EU grants additional indication to Alcon's Travatan for pediatric glaucoma patients
Alcon, the global leader in eye care and second-largest division of Novartis, announced that its treatment for patients with glaucoma, Travatan (40µg/mL travoprost) eye drops solution, has been granted an additional indication by the European Commission to decrease elevated intraocular pressure (IOP) in paediatric patients, aged two months to less than 18 years, with ocular hypertension or paediatric glaucoma.
Travatan is currently indicated to decrease elevated intraocular pressure in adult patients with ocular hypertension or open-angle glaucoma.
Glaucoma is a progressive eye disease that damages the optic nerve, resulting in gradual, irreversible loss of vision, and eventually blindness if left untreated or not adequately managed. Elevated eye pressure, or IOP, is considered the main risk factor for glaucoma.
"Pediatric glaucoma affects only a small number of children worldwide, so there is little data available about how to manage this sight-threatening disease in paediatric patients," said Professor Stefano Gandolfi, MD, Head of Eye Clinic, University of Parma, Italy. "The Travatan approval for this additional indication means that ophthalmologists now have a new medicine to prescribe to help children and adolescents control their IOP level every day."
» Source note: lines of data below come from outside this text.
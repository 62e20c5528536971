-- ===== src/Dispatching/Tests.antt =====
-- Two providers who are offered the same job, and batches of offers.
use vz.Common.{
  map, ℕ, ◌+◌, ◌≡◌, ◌⊎◌, inl, refl, true, false, none, some, List, [], ◌∷◌, ◌++◌, All,
  if◌then◌else◌,
}
use vz.Common.Int.{ℤ, pos, pos_part}
use vz.Common.Results.{ok}
use vz.Service.Provider.{create, is_worker, is_independent, agent_of, create_empty_provider}
use vz.Service.Status.{ServiceStatus, ServiceAllocationStatus}
use vz.Service.Build.{build}
use vz.Service.Operations as Job
use vz.Service.Queries.{
  has_been_assigned_or_allocated, has_been_cancelled, is_assigned_or_allocated_to, is_allocated_to,
}
use vz.Request.Aggregate.{assign_to_dispatcher}
use vz.Request.Fixtures.{clock, request, solo, taken_request, visit}
use vz.Dispatching.{
  Assignment, AssignmentInput, AutoAssignmentType, ScanningZoneType, Tables, create_assignment,
}
use vz.Dispatching.Assignments.{
  Answers, Taken, create_appointment, settle_assignments, taken, accepted_by,
  accept_new_dispatched_job,
}
use vz.Dispatching.Exclusive.{IsHeldBy, IsExclusive}
use vz.Dispatching.Acceptance.{accept_new_dispatched_job_lem}
use vz.Dispatching.Reachable.{start, next, offered, accepted, Reach-IsExclusive}
use vz.Request.Progress.{revoke}
use vz.Request.Saga.{
  commands_of, revoked as revoked_request, push_notify_customer_cancellation,
  create_reschedule_surcharge_compensation_transaction,
}
use vz.Dispatching.Revocations.{revoke_job_lem}
use vz.Dispatching.Commands.{Commanded, revoked_event, revoke_job}
use vz.Dispatching.Agreement.{IsAgreed}
use vz.Dispatching.Desks.{Desk, opened, afterwards, accepted as took, revoked, Turns-IsAgreed}
use vz.Dispatching.Scan.{scan_candidates, distinct, within_coverage}
use vz.Dispatching.Candidates.{IsSetOf, is_candidate, scan_candidates-IsSetOf}
use vz.Dispatching.Tickets as Tickets
use vz.Dispatching.Rounds.{run, run_total}
use vz.Dispatching.Batches.{times, offers_of, batches_repeat}

abbrev in_seconds : ℤ → ℕ
in_seconds n = 1000 + pos_part n

abbrev offer_to : ℕ → AssignmentInput
offer_to provider_id = record {
  provider_id = provider_id;
  request_seconds = pos 60;
  service_request_id = 1;
  assignment_type = AutoAssignmentType.send_to_all;
  scanning_zone_type = none;
}

abbrev no_rows : Tables
no_rows = record { assignments = []; appointments = [] }

abbrev first_offer : Tables
first_offer = record no_rows { assignments = create_assignment in_seconds (offer_to 7) ∷ [] }

abbrev two_offers : Tables
two_offers = record first_offer {
  assignments = first_offer.assignments ++ (create_assignment in_seconds (offer_to 9) ∷ []);
}

abbrev answers : Answers
answers = record {
  service_provider = some solo;
  is_active = true;
  available_workers = [];
  overlapped_appointments = [];
}

abbrev won : Taken
won = record {
  service_request = taken_request;
  tables = record {
    assignments = (settle_assignments 1 7 two_offers).assignments;
    appointments = create_appointment 1 taken_request.service.provider ∷ [];
  };
  is_allocated = true;
}

solo-won : accept_new_dispatched_job clock 1 (some request) answers two_offers ≡ ok won
unfolding accept_new_dispatched_job accepted_by taken settle_assignments assign_to_dispatcher build
    create create_empty_provider Job.assign_to_dispatcher Job.allocate_to_worker
solo-won = refl

accept_new_dispatched_job_lem_example :
    (answers.is_active ≡ true)
    × (is_worker solo ≡ false)
    × ((has_been_assigned_or_allocated request.service ≡ false)
        ⊎ (has_been_cancelled request.service ≡ true))
    × (is_assigned_or_allocated_to taken_request.service solo.id ≡ true)
    × (taken_request.service.allocation_status ≡ (
        if is_independent solo
        then ServiceAllocationStatus.allocated
        else ServiceAllocationStatus.assigned))
    × All (IsHeldBy 1 solo.id) won.tables.assignments
    × (won.tables.appointments ≡ (
        if is_allocated_to taken_request.service solo.id
        then two_offers.appointments ++ (create_appointment 1 taken_request.service.provider ∷ [])
        else two_offers.appointments))
accept_new_dispatched_job_lem_example =
    accept_new_dispatched_job_lem clock 1 request solo answers two_offers won refl solo-won

Reach-IsExclusive_example : IsExclusive won.tables
Reach-IsExclusive_example = Reach-IsExclusive clock (
    next (next (next start (offered in_seconds (offer_to 7))) (offered in_seconds (offer_to 9)))
      (accepted 1 (some request) answers solo-won))

-- The winner is withdrawn, and nobody has heard of it.
abbrev lost : Commanded
lost = record {
  service_request = revoke false 5 taken_request;
  tables = won.tables;
  published = revoked_event (some 7) ∷ [];
}

solo-lost : revoke_job false 5 (some taken_request) won.tables ≡ ok lost
unfolding revoke_job revoke Job.revoke Job.terminate_provider build create_empty_provider
solo-lost = refl

abbrev first_desk : Desk
first_desk = record { service_request = request; tables = two_offers }

Turns-IsAgreed_example : IsAgreed 1 lost.service_request lost.tables
unfolding create_assignment
Turns-IsAgreed_example =
    Turns-IsAgreed clock 1 {d = first_desk} (inl refl, (inl refl, tt))
      (afterwards (afterwards opened (took answers solo-won)) (revoked false 5 solo-lost))

-- Three batches of one provider each, and two who are on duty.
abbrev one_each : Tickets.BatchWise
one_each = record {
  batch_limit = record { size = 3; max_agents = 1 };
  duration_setting = record { batch_processing_seconds = 10; request_seconds = pos 60 };
}

abbrev job : Tickets.Job
job = record {
  type = AutoAssignmentType.batch_wise;
  scanning_zone_type = ScanningZoneType.none_zone;
  batch_wise = some one_each;
  send_to_all_request_seconds = none;
  service_ticket_id = 1;
  state = record { dispatched = none; current_batch_no = none };
}

abbrev ticket : Tickets.ServiceTicket
ticket = record {
  has_been_assigned_or_allocated = false;
  seconds_till_service_scheduled_date = pos 0;
}

abbrev on_duty : Tickets.Answers
on_duty = record {
  service_ticket = some ticket;
  repositories = record {
    by_postal_code =
        record { id = 1; is_now_within_coverage = false }
        ∷ record { id = 2; is_now_within_coverage = true }
        ∷ [];
    by_lat_lng = [];
    on_duty = 7 ∷ 9 ∷ 7 ∷ [];
    within = λ areas. map (λ area. area.id) areas;
  };
}

batches_repeat_example :
    run in_seconds 4 (λ r. on_duty) 0 job
    ≡ some (times 3 (offers_of in_seconds on_duty one_each job))
batches_repeat_example =
    batches_repeat in_seconds on_duty one_each ticket job refl refl refl refl refl

run_total_example :
    (offers : List Assignment) × (run in_seconds 4 (λ r. on_duty) 0 job ≡ some offers)
run_total_example = run_total in_seconds (λ r. on_duty) job

scanned : scan_candidates ScanningZoneType.all [] 1 on_duty.repositories ≡ 7 ∷ 9 ∷ []
unfolding scan_candidates distinct within_coverage
scanned = refl

closed_area_left_out :
    scan_candidates ScanningZoneType.postal_code [] 1 on_duty.repositories ≡ 2 ∷ []
unfolding scan_candidates distinct within_coverage
closed_area_left_out = refl

scan_candidates-IsSetOf_example :
    IsSetOf
      (is_candidate ScanningZoneType.postal_code on_duty.repositories)
      (scan_candidates ScanningZoneType.postal_code (7 ∷ []) 1 on_duty.repositories)
scan_candidates-IsSetOf_example =
    scan_candidates-IsSetOf ScanningZoneType.postal_code (7 ∷ []) 1 on_duty.repositories

revoke_job_lem_example :
    (c : Commanded) × (revoke_job true 5 (some taken_request) no_rows ≡ ok c)
    × (c.published ≡ revoked_event (some 7) ∷ [])
    × (c.service_request.service.status ≡ ServiceStatus.failed)
    × (c.service_request.service.eligible_for_refund ≡ true)
    × (commands_of (revoked_request c.service_request (some 7))
        ≡ ok (
            push_notify_customer_cancellation (some 7)
            ∷ create_reschedule_surcharge_compensation_transaction
            ∷ []))
unfolding build
revoke_job_lem_example =
    revoke_job_lem true 5 taken_request no_rows
      (record {
        dispatcher = some (agent_of solo);
        worker = some (agent_of solo);
        schedule = some (Job.schedule_of visit.service_schedule);
      })
      (agent_of solo) refl refl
Paediatric glaucoma is responsible for 5% of childhood blindness worldwide. Patients suffering from glaucoma have no cure and, if vision is lost, it cannot be restored. Elevated IOP is the only known modifiable risk factor for glaucoma and can typically be controlled with daily administration of eye drops, or in the most severe cases, with surgery.
"We are pleased to receive the new EU paediatric indication of Travatan, which further strengthens Alcon's globally-leading glaucoma portfolio. The addition of this indication demonstrates Alcon's long-term commitment and dedication to alleviating the patient burden of this sight-threatening disease," said Jeff George, Global Head of Alcon.
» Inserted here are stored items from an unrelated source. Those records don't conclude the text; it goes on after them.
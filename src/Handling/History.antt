-- ===== src/Handling/History.antt =====
-- The history of handling events: handling/entities/handling-history.entity.ts.
use vz.Common.{◌≡◌, refl, ◌⊎◌, inl, inr, none, some, [], ◌∷◌}
use vz.Common.Sort.{Latest, last?-sort_by}
use vz.Handling.{HandlingEvent, HandlingHistory, most_recently_completed_event}

-- The most recently completed event is null for the empty history only. Otherwise it is a member
-- of the history, no member has a later date, and every member behind it in the history has an
-- earlier date, so of several events of one date it is the last.
pub most_recently_completed_event_lem :
    (h : HandlingHistory)
    → ((h ≡ []) × (most_recently_completed_event h ≡ none))
      ⊎ ((e : HandlingEvent) × (most_recently_completed_event h ≡ some e)
          × Latest (λ x. x.created_at) h e)
unfolding most_recently_completed_event
most_recently_completed_event_lem [] = inl (refl, refl)
most_recently_completed_event_lem (e ∷ es) = inr (last?-sort_by (λ x. x.created_at) e es)
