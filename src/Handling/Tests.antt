-- ===== src/Handling/Tests.antt =====
-- The history of handling events at concrete inputs.
use vz.Common.{◌≡◌, refl, some, [], ◌∷◌}
use vz.Common.Int.{pos}
use vz.Handling.{HandlingEventType, HandlingEvent, HandlingHistory, most_recently_completed_event}

abbrev travel : HandlingEvent
travel = record {
  id = 1;
  created_at = 100;
  latitude = pos 3139003;
  longitude = pos 101686855;
  provider_worker_id = 7;
  service_request_id = 5;
  type = HandlingEventType.start;
}

abbrev working : HandlingEvent
working = record travel { id = 2; created_at = 200; type = HandlingEventType.in_progress }

-- Two events of one date, and one of an earlier date behind them.
abbrev history : HandlingHistory
history = travel ∷ record working { id = 3 } ∷ working ∷ record travel { id = 4 } ∷ []

last_of_ties : most_recently_completed_event history ≡ some working
unfolding most_recently_completed_event
last_of_ties = refl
The EU approval is based on a 12-week, phase III, multicenter, double-masked, randomized, parallel-group study (n=152). The primary efficacy endpoint was the IOP change from baseline at Week 12 of the study. The effect on IOP was seen after the second week of treatment and was consistently maintained throughout the 12-week study period. Mean IOP reductions in the travoprost and timolol groups were similar. Travatran was shown to be safe and effective for use in children from two months to less than 18 years of age, at the same dose as for adults. No data are available for children below the age of two months. In the clinical study, the most frequently reported adverse drug reactions in pediatric patients were ocular hyperemia and growth of eyelashes.
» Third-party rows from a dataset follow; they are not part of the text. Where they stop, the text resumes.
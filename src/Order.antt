-- ===== src/Order.antt =====
-- src/service-request/entities: what a customer has ordered, the requested service packages with
-- their technical reports and prices, and the order that sums them up. Amounts are integers in
-- the last decimal of their columns (10^-4 of the currency unit), so sums and products are exact;
-- the rounding of floating point numbers is not modelled.
pub mod Report
pub mod Quotation
pub mod Pricing
pub mod Package
pub mod Customer
pub mod Tiers
pub mod Reports
pub mod Prices
pub mod Totals
pub mod Earnings
pub mod Groups
pub mod Bundles
pub mod Resets
pub mod Factory
pub mod Asked
pub mod Creation
pub mod Fixtures
mod Tests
Travatan, preserved with Polyquad, is the first and only, multi-dose prostaglandin analogue without benzalkonium chloride (BAK) approved in the EU, In previous clinical studies in adult patients, Travatan showed strong IOP-lowering efficacy, decreasing IOP by 30% over the course of a day.
Alcon provides a broad spectrum of pharmaceutical and surgical treatment solutions to address the needs of patients at all stages of glaucoma management and care. As a world leader in treatments for glaucoma patients, Alcon is committed to developing solutions for unmet medical needs. Alcon offers a broad range of pharmaceutical treatment options for patients with glaucoma to help lower elevated IOP: Simbrinza, Travatan, Duotrav, Azarga, Azopt and Izba.